▸ What the task requires
In the entries that follow, find the line containing "pub mod Listing"; from there, copy every line exactly through the line containing "(remember_lem name (parse_reference".

▸ Stored data
:::::

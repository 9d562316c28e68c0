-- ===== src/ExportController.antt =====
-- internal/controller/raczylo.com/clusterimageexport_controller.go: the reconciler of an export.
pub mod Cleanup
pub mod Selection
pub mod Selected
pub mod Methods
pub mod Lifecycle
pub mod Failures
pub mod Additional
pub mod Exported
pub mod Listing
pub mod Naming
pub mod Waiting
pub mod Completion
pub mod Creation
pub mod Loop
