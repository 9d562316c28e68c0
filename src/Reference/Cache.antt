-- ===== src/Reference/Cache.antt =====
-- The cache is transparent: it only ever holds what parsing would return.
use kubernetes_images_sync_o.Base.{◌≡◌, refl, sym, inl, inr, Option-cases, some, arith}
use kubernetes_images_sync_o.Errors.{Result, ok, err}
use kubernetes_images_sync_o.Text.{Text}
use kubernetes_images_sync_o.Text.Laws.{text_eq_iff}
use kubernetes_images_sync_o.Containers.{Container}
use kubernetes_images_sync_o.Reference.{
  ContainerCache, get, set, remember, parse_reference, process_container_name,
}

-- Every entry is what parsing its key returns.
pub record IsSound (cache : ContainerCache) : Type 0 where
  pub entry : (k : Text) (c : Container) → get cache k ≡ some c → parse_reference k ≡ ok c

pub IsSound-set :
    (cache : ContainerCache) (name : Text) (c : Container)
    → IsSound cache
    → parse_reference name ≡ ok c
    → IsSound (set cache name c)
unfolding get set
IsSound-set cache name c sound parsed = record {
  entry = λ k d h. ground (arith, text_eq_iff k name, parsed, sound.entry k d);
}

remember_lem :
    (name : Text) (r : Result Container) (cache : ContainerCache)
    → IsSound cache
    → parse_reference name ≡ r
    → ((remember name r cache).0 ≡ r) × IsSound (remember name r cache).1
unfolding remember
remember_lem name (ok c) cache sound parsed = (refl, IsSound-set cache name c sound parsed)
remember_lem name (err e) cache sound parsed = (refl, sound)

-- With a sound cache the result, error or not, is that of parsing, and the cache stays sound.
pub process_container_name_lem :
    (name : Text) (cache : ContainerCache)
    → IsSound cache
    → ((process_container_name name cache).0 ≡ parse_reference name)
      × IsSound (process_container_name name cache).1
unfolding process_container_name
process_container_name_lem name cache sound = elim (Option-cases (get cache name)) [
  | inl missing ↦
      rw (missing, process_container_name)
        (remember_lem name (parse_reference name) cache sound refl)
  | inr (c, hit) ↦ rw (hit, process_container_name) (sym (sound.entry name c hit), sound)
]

:::::

▸ Expected answer
pub mod Listing
pub mod Naming
pub mod Waiting
pub mod Completion
pub mod Creation
pub mod Loop
repository 9d562316c28e68c0
filename src/Reference/Cache.antt
-- ===== src/Reference/Cache.antt =====
-- The cache is transparent: it only ever holds what parsing would return.
use kubernetes_images_sync_o.Base.{◌≡◌, refl, sym, inl, inr, Option-cases, some, arith}
use kubernetes_images_sync_o.Errors.{Result, ok, err}
use kubernetes_images_sync_o.Text.{Text}
use kubernetes_images_sync_o.Text.Laws.{text_eq_iff}
use kubernetes_images_sync_o.Containers.{Container}
use kubernetes_images_sync_o.Reference.{
  ContainerCache, get, set, remember, parse_reference, process_container_name,
}

-- Every entry is what parsing its key returns.
pub record IsSound (cache : ContainerCache) : Type 0 where
  pub entry : (k : Text) (c : Container) → get cache k ≡ some c → parse_reference k ≡ ok c

pub IsSound-set :
    (cache : ContainerCache) (name : Text) (c : Container)
    → IsSound cache
    → parse_reference name ≡ ok c
    → IsSound (set cache name c)
unfolding get set
IsSound-set cache name c sound parsed = record {
  entry = λ k d h. ground (arith, text_eq_iff k name, parsed, sound.entry k d);
}

remember_lem :
    (name : Text) (r : Result Container) (cache : ContainerCache)
    → IsSound cache
    → parse_reference name ≡ r
    → ((remember name r cache).0 ≡ r) × IsSound (remember name r cache).1
unfolding remember
remember_lem name (ok c) cache sound parsed = (refl, IsSound-set cache name c sound parsed)
remember_lem name (err e) cache sound parsed = (refl, sound)

-- With a sound cache the result, error or not, is that of parsing, and the cache stays sound.
pub process_container_name_lem :
    (name : Text) (cache : ContainerCache)
    → IsSound cache
    → ((process_container_name name cache).0 ≡ parse_reference name)
      × IsSound (process_container_name name cache).1
unfolding process_container_name
process_container_name_lem name cache sound = elim (Option-cases (get cache name)) [
  | inl missing ↦
      rw (missing, process_container_name)
        (remember_lem name (parse_reference name) cache sound refl)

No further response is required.